Non Cryogenic processes of Air Separation

Non Cryogenic processes of Air Separation  

Dry air contains by volume 78.08 % of nitrogen, 20.95 % of oxygen, and 0.93 % of argon along with traces of a number of other gases (Fig 1). Atmospheric air can contain varying amount of water vapor (depending upon humidity) and other gases produced by natural processes and human activities.

composition of air

Fig 1 Composition of air

Non cryogenic air separation processes are near ambient temperature separation processes and are used for the production of nitrogen or oxygen as gases. These processes are cost effective choices when demand of gases are relatively small and when very high purity of the gases is not required. Non cryogenic plants are compact and produce gaseous nitrogen which is typically 95.5 % to 99.5 % oxygen free or gaseous oxygen which is 90 % to 95.5 % pure.

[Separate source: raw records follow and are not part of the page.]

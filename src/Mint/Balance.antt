-- ===== src/Mint/Balance.antt =====
-- What a transaction that picomint-node-daemon/src/consensus/server.rs accepts has spent and made.
use picomint.Prelude.{
  ℕ, ◌+◌, ◌≤◌, ◌≡◌, refl, Bool, true, false, Option, none, some, List, [], ◌∷◌, length, arith, ◌⊎◌,
  inl, inr, Bool-cases, Option-cases, >>=-eq-some, ◌>>=◌,
}
use mathlib.Core.Path.{subst}
use picomint.Mint.Funding.{FundingVerifier, no_funds, add_input, add_output, verify_funding}
use picomint.Mint.Ledger.{Scheme, Keys, Result, ok, err}
use picomint.Mint.Server.{
  WireInput, WireOutput, Transaction, Onchain, Books, input_fee, output_fee, process_input,
  process_output, process_inputs, process_outputs, finish_tx, process_tx, check_signatures, TxError,
  settle,
}

abbrev pub total_of : List ℕ → ℕ
total_of [] = 0
total_of (a ∷ amounts) = a + total_of amounts

abbrev pub input_fees : {I : Type 0} → List (WireInput I) → ℕ
input_fees [] = 0
input_fees (i ∷ inputs) = input_fee i + input_fees inputs

abbrev pub output_fees : {O : Type 0} → List (WireOutput O) → ℕ
output_fees [] = 0
output_fees (o ∷ outputs) = output_fee o + output_fees outputs

pub Result-cases :
    {E A : Type 0} (r : Result E A) → ((e : E) × (r ≡ err e)) ⊎ ((a : A) × (r ≡ ok a))
Result-cases (ok a) = inr (a, refl)
Result-cases (err e) = inl (e, refl)

add_input-exact :
    (v v' : FundingVerifier) (amount fee : ℕ)
    → add_input v amount fee ≡ some v'
    → (v'.inputs ≡ v.inputs + amount) × (v'.fees ≡ v.fees + fee) × (v'.outputs ≡ v.outputs)
unfolding add_input
add_input-exact v v' amount fee p = ground arith

add_output-exact :
    (v v' : FundingVerifier) (amount fee : ℕ)
    → add_output v amount fee ≡ some v'
    → (v'.outputs ≡ v.outputs + amount) × (v'.fees ≡ v.fees + fee) × (v'.inputs ≡ v.inputs)
unfolding add_output
add_output-exact v v' amount fee p = ground arith

module _ {S I O : Type 0} (scheme : Scheme) (keys : Keys) (onchain : Onchain S I O)
    (txid_of : List (WireInput I) → List (WireOutput O) → ℕ) where
  -- The inputs, one after another, each with its amount and the key that it wants a signature of.
  abbrev pub Spends : Books S → List (WireInput I) → List ℕ → List ℕ → Books S → Type 0
  Spends b [] [] [] b' = b ≡ b'
  Spends b (i ∷ inputs) (a ∷ amounts) (pk ∷ pks) b' =
      (x : Books S) × (process_input scheme keys onchain txid_of b i ≡ some (ok ((a, pk), x)))
      × Spends x inputs amounts pks b'
  Spends b [] [] (pk ∷ pks) b' = ⊥
  Spends b [] (a ∷ amounts) pks b' = ⊥
  Spends b (i ∷ inputs) [] pks b' = ⊥
  Spends b (i ∷ inputs) (a ∷ amounts) [] b' = ⊥

  -- The outputs, from an index on, each with its amount.
  abbrev pub Makes : Books S → ℕ → ℕ → List (WireOutput O) → List ℕ → Books S → Type 0
  Makes b txid out_idx [] [] b' = b ≡ b'
  Makes b txid out_idx (o ∷ outputs) (a ∷ amounts) b' =
      (x : Books S) × (process_output scheme keys onchain txid_of b o (txid, out_idx)
        ≡ some (ok (a, x)))
      × Makes x txid (out_idx + 1) outputs amounts b'
  Makes b txid out_idx [] (a ∷ amounts) b' = ⊥
  Makes b txid out_idx (o ∷ outputs) [] b' = ⊥

  pub record Spent (b : Books S) (v : FundingVerifier) (inputs : List (WireInput I))
      (v' : FundingVerifier) (pks : List ℕ) (b' : Books S) : Type 0 where
    pub amounts : List ℕ
    pub spends : Spends b inputs amounts pks b'
    pub in_total : v'.inputs ≡ v.inputs + total_of amounts
    pub fee_total : v'.fees ≡ v.fees + input_fees inputs
    pub same : v'.outputs ≡ v.outputs

  process_inputs-Spent :
      (inputs : List (WireInput I)) (b b' : Books S) (v v' : FundingVerifier) (pks : List ℕ)
      → process_inputs scheme keys onchain txid_of b v inputs ≡ some (ok ((v', pks), b'))
      → Spent b v inputs v' pks b'
  unfolding process_inputs
  process_inputs-Spent [] b b' v v' pks p =
      let no_keys : [] ≡ pks = ground arith in
      subst (λ z. Spent b v [] v' z b') no_keys
        (record {
          amounts = [];
          spends = ground arith;
          in_total = ground arith;
          fee_total = ground arith;
          same = ground arith;
        })
  process_inputs-Spent (i ∷ inputs) b b' v v' pks p =
      let (r, er, p1) = >>=-eq-some (process_input scheme keys onchain txid_of b i) _ p in
      elim (Result-cases r) [
        | inl (e, bad) ↦ absurd (ground arith)
        | inr (((a, pk), x), good) ↦ elim (Option-cases (add_input v a (input_fee i))) [
          | inl over ↦ absurd (ground arith)
          | inr (w, added) ↦
              elim (Option-cases (process_inputs scheme keys onchain txid_of x w inputs)) [
                | inl panic ↦ absurd (ground arith)
                | inr (s, rest) ↦ elim (Result-cases s) [
                  | inl (e, bad) ↦ absurd (ground arith)
                  | inr (((v2, pks2), b2), fine) ↦
                      let exact = add_input-exact v w a (input_fee i) added in
                      let same_keys : pk ∷ pks2 ≡ pks = ground arith in
                      let same_funds : v2 ≡ v' = ground arith in
                      let same_books : b2 ≡ b' = ground arith in
                      let tail = process_inputs-Spent inputs x b2 w v2 pks2 (ground arith) in
                      subst (λ z. Spent b v (i ∷ inputs) v' z b') same_keys
                        (record {
                          amounts = a ∷ tail.amounts;
                          spends = (x, ground arith, rw (← same_books) tail.spends);
                          in_total = ground (arith, tail.in_total);
                          fee_total = ground (arith, tail.fee_total);
                          same = ground (arith, tail.same);
                        })
                ]
              ]
        ]
      ]

  pub record Made (b : Books S) (v : FundingVerifier) (txid out_idx : ℕ)
      (outputs : List (WireOutput O)) (v' : FundingVerifier) (b' : Books S) : Type 0 where
    pub amounts : List ℕ
    pub makes : Makes b txid out_idx outputs amounts b'
    pub out_total : v'.outputs ≡ v.outputs + total_of amounts
    pub fee_total : v'.fees ≡ v.fees + output_fees outputs
    pub same : v'.inputs ≡ v.inputs

  process_outputs-Made :
      (outputs : List (WireOutput O)) (b b' : Books S) (v v' : FundingVerifier) (txid out_idx : ℕ)
      → process_outputs scheme keys onchain txid_of b v txid out_idx outputs ≡ some (ok (v', b'))
      → Made b v txid out_idx outputs v' b'
  unfolding process_outputs
  process_outputs-Made [] b b' v v' txid out_idx p = record {
    amounts = [];
    makes = ground arith;
    out_total = ground arith;
    fee_total = ground arith;
    same = ground arith;
  }
  process_outputs-Made (o ∷ outputs) b b' v v' txid out_idx p =
      let (r, er, p1) =
        >>=-eq-some (process_output scheme keys onchain txid_of b o (txid, out_idx)) _ p in
      elim (Result-cases r) [
        | inl (e, bad) ↦ absurd (ground arith)
        | inr ((a, x), good) ↦ elim (Option-cases (add_output v a (output_fee o))) [
          | inl over ↦ absurd (ground arith)
          | inr (w, added) ↦
              let exact = add_output-exact v w a (output_fee o) added in
              let tail = process_outputs-Made outputs x b' w v' txid (out_idx + 1) (ground arith) in
              record {
                amounts = a ∷ tail.amounts;
                makes = (x, ground arith, tail.makes);
                out_total = ground (arith, tail.out_total);
                fee_total = ground (arith, tail.fee_total);
                same = ground (arith, tail.same);
              }
        ]
      ]

  -- What an accepted transaction has done.
  pub record Accepted (b : Books S) (tx : Transaction I O) (b' : Books S) : Type 0 where
    pub spent : List ℕ
    pub made : List ℕ
    pub keys_wanted : List ℕ
    pub between : Books S
    pub spends : Spends b tx.inputs spent keys_wanted between
    pub makes : Makes between (txid_of tx.inputs tx.outputs) 0 tx.outputs made b'
    pub funded : total_of made + input_fees tx.inputs + output_fees tx.outputs ≤ total_of spent
    pub one_each : length keys_wanted ≡ length tx.signatures
    pub signed :
        check_signatures
          (λ s pk. scheme.schnorr_verify s (txid_of tx.inputs tx.outputs) pk)
          keys_wanted
          tx.signatures
        ≡ true

  verify_funding-true :
      (v : FundingVerifier) → verify_funding v ≡ some true → v.outputs + v.fees ≤ v.inputs
  unfolding verify_funding
  verify_funding-true v p = ground arith

  verdicts : (o : Option Bool) → (o ≡ none) ⊎ (o ≡ some false) ⊎ (o ≡ some true)
  verdicts none = inl refl
  verdicts (some false) = inr (inl refl)
  verdicts (some true) = inr (inr refl)

  -- The second part of a transaction that is accepted.
  pub record Finished (v : FundingVerifier) (pks : List ℕ) (b : Books S) (tx : Transaction I O)
      (b' : Books S) : Type 0 where
    pub funds : FundingVerifier
    pub outputs : Made b v (txid_of tx.inputs tx.outputs) 0 tx.outputs funds b'
    pub enough : funds.outputs + funds.fees ≤ funds.inputs
    pub one_each : length pks ≡ length tx.signatures
    pub signed :
        check_signatures
          (λ s pk. scheme.schnorr_verify s (txid_of tx.inputs tx.outputs) pk)
          pks
          tx.signatures
        ≡ true

  finish_tx-Finished :
      (v : FundingVerifier) (pks : List ℕ) (b b' : Books S) (tx : Transaction I O)
      → finish_tx scheme keys onchain txid_of v pks b tx ≡ some (ok b')
      → Finished v pks b tx b'
  unfolding finish_tx
  finish_tx-Finished v pks b b' tx p =
      let txid = txid_of tx.inputs tx.outputs in
      elim (Bool-cases
        (check_signatures (λ s pk. scheme.schnorr_verify s txid pk) pks tx.signatures)) [
          | inr unsigned ↦ absurd (ground arith)
          | inl signed ↦
              let settled : Result TxError (FundingVerifier × Books S)
                  → Option (Result TxError (Books S)) =
                λ r. elim r [
                  | err e ↦ some (err e)
                  | ok y ↦ some (settle scheme keys onchain txid_of y.0 y.1)
                ] in
              let go : (process_outputs scheme keys onchain txid_of b v txid 0 tx.outputs
                    >>= settled)
                  ≡ some (ok b') =
                ground arith in
              let (r, er, p1) =
                >>=-eq-some (process_outputs scheme keys onchain txid_of b v txid 0 tx.outputs) _
                  go in
              elim (Result-cases r) [
                | inl (e, bad) ↦ absurd (ground arith)
                | inr ((w, y), good) ↦ elim (verdicts (verify_funding w)) [
                  | inl over ↦ absurd (ground arith)
                  | inr (inl under) ↦ absurd (ground arith)
                  | inr (inr enough) ↦
                      let same : y ≡ b' = ground arith in
                      record {
                        funds = w;
                        outputs = process_outputs-Made tx.outputs b b' v w txid 0 (ground arith);
                        enough = verify_funding-true w enough;
                        one_each = ground arith;
                        signed = signed;
                      }
                ]
              ]
        ]

  accepted_parts :
      (b b' : Books S) (tx : Transaction I O)
      → process_tx scheme keys onchain txid_of b tx ≡ some (ok b')
      → (x : (FundingVerifier × List ℕ) × Books S) × (process_inputs scheme keys onchain txid_of b
            no_funds tx.inputs
          ≡ some (ok x))
        × (finish_tx scheme keys onchain txid_of x.0.0 x.0.1 x.1 tx ≡ some (ok b'))
  unfolding process_tx
  accepted_parts b b' tx p =
      elim (Option-cases (process_inputs scheme keys onchain txid_of b no_funds tx.inputs)) [
        | inl panic ↦ absurd (ground arith)
        | inr (r, done) ↦ elim (Result-cases r) [
          | inl (e, bad) ↦ absurd (ground arith)
          | inr (x, good) ↦ (x, ground arith, ground arith)
        ]
      ]

  -- A transaction that is accepted has spent each of its inputs in turn and made each of its outputs in
  -- turn. What its inputs are worth covers, without any overflow, what its outputs are worth and the fees
  -- of all inputs and outputs; and each input's key has signed it, one signature for each.
  pub process_tx-Accepted :
      (b b' : Books S) (tx : Transaction I O)
      → process_tx scheme keys onchain txid_of b tx ≡ some (ok b')
      → Accepted b tx b'
  process_tx-Accepted b b' tx p =
      let (((v, pks), x), spent, made) = accepted_parts b b' tx p in
      let s = process_inputs-Spent tx.inputs b x no_funds v pks spent in
      let m = finish_tx-Finished v pks x b' tx made in
      record {
        spent = s.amounts;
        made = m.outputs.amounts;
        keys_wanted = pks;
        between = x;
        spends = s.spends;
        makes = m.outputs.makes;
        funded = omega (
          arith, m.enough, m.outputs.out_total, m.outputs.fee_total, m.outputs.same, s.in_total,
          s.fee_total, s.same,
        );
        one_each = m.one_each;
        signed = m.signed;
      }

Non cryogenic plants are less energy efficient than cryogenic plants (for comparable product purity) but at the same time cost less to build. The physical size of the plant can be reduced as required purity is reduced, and the power required to operate the unit is reduced as well.  Non cryogenic plants are relatively quick and easy to start up and can be brought on line in less than half an hour. This is useful when product is not needed full time. Like cryogenic plants, non cryogenic air separation processes also start with compression of air.

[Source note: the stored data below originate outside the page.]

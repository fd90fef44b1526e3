-- ===== src/Mint/Contracts.antt =====
-- The contracts that picomint-node-daemon/src/consensus/lightning/mod.rs holds.
use picomint.Prelude.{
  ℕ, ◌≡◌, none, some, arith, sym, ◌∙◌, ap, inl, inr, Bool-cases, Option-cases, ◌==◌, ◌&&◌,
}
use picomint.Collections.PairMap
use picomint.Collections.PairMap.{PairMap}
use picomint.Mint.Amounts.{checked_add}
use picomint.Mint.Ledger.{
  IncomingContract, OutgoingContract, OutgoingWitness, LightningInput, outgoing_input,
  incoming_input, claim, cancel, LightningOutput, outgoing_output, incoming_output, Scheme,
  OutPoint, Ledger, Result, ok, err,
}
use picomint.Mint.Lightning.{
  claim_amount, next_index, unknown_contract, LightningInputError, open_outgoing,
  process_lightning_input, process_lightning_output,
}
use picomint.Mint.Balance.{Result-cases}

-- An incoming contract has its index.
abbrev pub Indexed : Ledger → Type 0
Indexed l =
    (a b : ℕ) (c : IncomingContract)
    → PairMap.get a b l.incoming ≡ some c
    → (i : ℕ) × (PairMap.get a b l.incoming_index ≡ some i)

-- Where every incoming contract has its index, the `expect` on it does not fail.
pub process_lightning_input_returns :
    (scheme : Scheme) (l : Ledger) (i : LightningInput)
    → Indexed l
    → (r : Result LightningInputError ((ℕ × ℕ) × Ledger)) × (process_lightning_input scheme l i
        ≡ some r)
unfolding process_lightning_input
process_lightning_input_returns scheme l (outgoing_input p w) indexed =
    elim (Option-cases (process_lightning_input scheme l (outgoing_input p w))) [
      | inr (r, answer) ↦ (r, answer)
      | inl panic ↦ elim (Option-cases (PairMap.get p.0 p.1 l.outgoing)) [
        | inl gone ↦ absurd (ground arith)
        | inr (c, there) ↦
            elim (Result-cases (
              open_outgoing scheme (record l { outgoing = PairMap.remove p.0 p.1 l.outgoing }) p c
                w)) [
                  | inl (e, bad) ↦ absurd (ground arith)
                  | inr (x, good) ↦ elim (Option-cases (checked_add c.amount c.fee)) [
                    | inl over ↦ absurd (ground arith)
                    | inr (a, fits) ↦ absurd (ground arith)
                  ]
                ]
      ]
    ]
process_lightning_input_returns scheme l (incoming_input p) indexed =
    elim (Option-cases (process_lightning_input scheme l (incoming_input p))) [
      | inr (r, answer) ↦ (r, answer)
      | inl panic ↦ elim (Option-cases (PairMap.get p.0 p.1 l.incoming)) [
        | inl gone ↦ absurd (ground arith)
        | inr (c, there) ↦
            let (i, listed) = indexed p.0 p.1 c there in
            elim (Option-cases (claim_amount c)) [
              | inl under ↦ absurd (ground arith)
              | inr (a, fits) ↦ absurd (ground arith)
            ]
      ]
    ]

-- An output that is accepted keeps the index complete.
pub lightning_output-Indexed :
    (scheme : Scheme) (l : Ledger) (o : LightningOutput) (p : OutPoint) (a : ℕ) (l' : Ledger)
    → Indexed l
    → process_lightning_output scheme l o p ≡ ok (a, l')
    → Indexed l'
unfolding process_lightning_output
lightning_output-Indexed scheme l (outgoing_output c) p a l' indexed h x y d k =
    let (i, e) = indexed x y d (ground arith) in (i, ground arith)
lightning_output-Indexed scheme l (incoming_output c) p a l' indexed h x y d k =
    elim (Bool-cases (p.0 == x && p.1 == y)) [
      | inl here ↦ (
        next_index scheme l,
        ground (arith, PairMap.get-insert p.0 p.1 x y (next_index scheme l) l.incoming_index),
      )
      | inr there ↦
          let (i, e) =
            indexed x y d (ground (arith, PairMap.get-insert p.0 p.1 x y c l.incoming)) in
          (i, ground (arith, PairMap.get-insert p.0 p.1 x y (next_index scheme l) l.incoming_index))
    ]

outgoing_opens :
    (scheme : Scheme) (l : Ledger) (p : OutPoint) (c : OutgoingContract) (w : OutgoingWitness)
    (pk : ℕ) (l' : Ledger)
    → open_outgoing scheme l p c w ≡ ok (pk, l')
    → l'.outgoing ≡ l.outgoing
unfolding open_outgoing
outgoing_opens scheme l p c (claim preimage) pk l' h = ground arith
outgoing_opens scheme l p c (cancel signature) pk l' h = ground arith

-- A contract that a transaction funds for an amount is worth that amount when it is opened, and it is gone
-- then: the same outpoint does not open a second time, whatever the witness.
pub outgoing_once :
    (scheme : Scheme) (l : Ledger) (c : OutgoingContract) (p : OutPoint) (a : ℕ) (l1 : Ledger)
    (w w' : OutgoingWitness) (a' pk : ℕ) (l2 : Ledger)
    → process_lightning_output scheme l (outgoing_output c) p ≡ ok (a, l1)
    → process_lightning_input scheme l1 (outgoing_input p w) ≡ some (ok ((a', pk), l2))
    → (a' ≡ a)
      × (process_lightning_input scheme l2 (outgoing_input p w') ≡ some (err unknown_contract))
unfolding process_lightning_output process_lightning_input
outgoing_once scheme l c p a l1 w w' a' pk l2 funded opened =
    let held : PairMap.get p.0 p.1 l1.outgoing ≡ some c =
      ground (arith, PairMap.get-insert p.0 p.1 p.0 p.1 c l.outgoing) in
    let rest : Ledger = record l1 { outgoing = PairMap.remove p.0 p.1 l1.outgoing } in
    elim (Result-cases (open_outgoing scheme rest p c w)) [
      | inl (e, bad) ↦ absurd (ground arith)
      | inr ((key, x), good) ↦
          let kept = outgoing_opens scheme rest p c w key x good in
          elim (Option-cases (checked_add c.amount c.fee)) [
            | inl over ↦ absurd (ground arith)
            | inr (v, fits) ↦
                let same : x ≡ l2 = ground arith in
                let gone : PairMap.get p.0 p.1 l2.outgoing ≡ none =
                  ap (λ (z : Ledger). PairMap.get p.0 p.1 z.outgoing) (sym same)
                  ∙ ap (PairMap.get p.0 p.1) kept
                  ∙ ground (arith, PairMap.get-remove p.0 p.1 p.0 p.1 l1.outgoing) in
                (ground arith, ground arith)
          ]
    ]

-- The same for an incoming contract, which pays its amount less the fee.
pub incoming_once :
    (scheme : Scheme) (l : Ledger) (c : IncomingContract) (p : OutPoint) (a : ℕ) (l1 : Ledger)
    (a' pk : ℕ) (l2 : Ledger)
    → process_lightning_output scheme l (incoming_output c) p ≡ ok (a, l1)
    → process_lightning_input scheme l1 (incoming_input p) ≡ some (ok ((a', pk), l2))
    → (a' ≡ a)
      × (pk ≡ c.claim_pk)
      × (process_lightning_input scheme l2 (incoming_input p) ≡ some (err unknown_contract))
unfolding process_lightning_output process_lightning_input
incoming_once scheme l c p a l1 a' pk l2 funded opened =
    let held : PairMap.get p.0 p.1 l1.incoming ≡ some c =
      ground (arith, PairMap.get-insert p.0 p.1 p.0 p.1 c l.incoming) in
    let gone : PairMap.get p.0 p.1 l2.incoming ≡ none =
      ground (arith, PairMap.get-remove p.0 p.1 p.0 p.1 l1.incoming) in
    (ground arith, ground arith, ground arith)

Unlike cryogenic plants which use the difference between the boiling points of nitrogen and oxygen to separate and purify these products, non cryogenic air separation plants use physical property differences such as molecular structure, size and mass to produce nitrogen and oxygen. Non cryogenic processes are based on either selective adsorption or permutation through membranes. The most common technologies used for non cryogenic air separation plants are given below.

  • Pressure swing adsorption or PSA – This technology is used to produce nitrogen or oxygen using different adsorbents.
  • Vacuum pressure swing adsorption or VPSA – This technology is used to produce oxygen.
  • Membrane separation – This technology is used to produce nitrogen gas.

Pressure swing adsorption technology

PSA technology is used to produce either nitrogen or oxygen by passing compressed air at several atmospheric pressures through a vessel containing adsorbent materials. Adsorbents are chosen on the basis of their adsorption characteristics. A desirable adsorbent has much greater affinity for non product molecules than for the product gas (nitrogen or oxygen).  This characteristic results in most of the molecules of the product gas passing through the bed and into the product stream, while other components of the air are captured by the adsorbent.

The PSA process is basically a batch process, as the adsorbent bed needs periodic desorption. Hence PSA plants usually have two adsorbent vessels to provide operational continuity.  At any time, one of the vessels is making product by adsorbing undesired components of the air, while the other vessel is undergoing regeneration by depressurization to atmospheric pressure. When the adsorbing vessel approaches saturation, a set of valves quickly switches the streams to other vessel.  A surge vessel (buffer vessel) downstream of the absorbers makes sure that delivery of the product gas is continuous.  While the two bed system is most common, mono bed or three bed configurations are also sometimes used. The mono bed system provides capital savings while the three bed system provides for greater continuity of production.

Oxygen PSA plants usually use alumina to remove the water vapour from the air feed, together with zeolite molecular sieve to adsorb nitrogen, carbon dioxide, residual water vapour and other gases.  Typical oxygen PSA delivery pressures leaving the plant are one to three atmospheres.  Oxygen purity is normally between 90 to 95%, limited primarily by the argon content, which is usually in the range of 4.5 % to 5 %.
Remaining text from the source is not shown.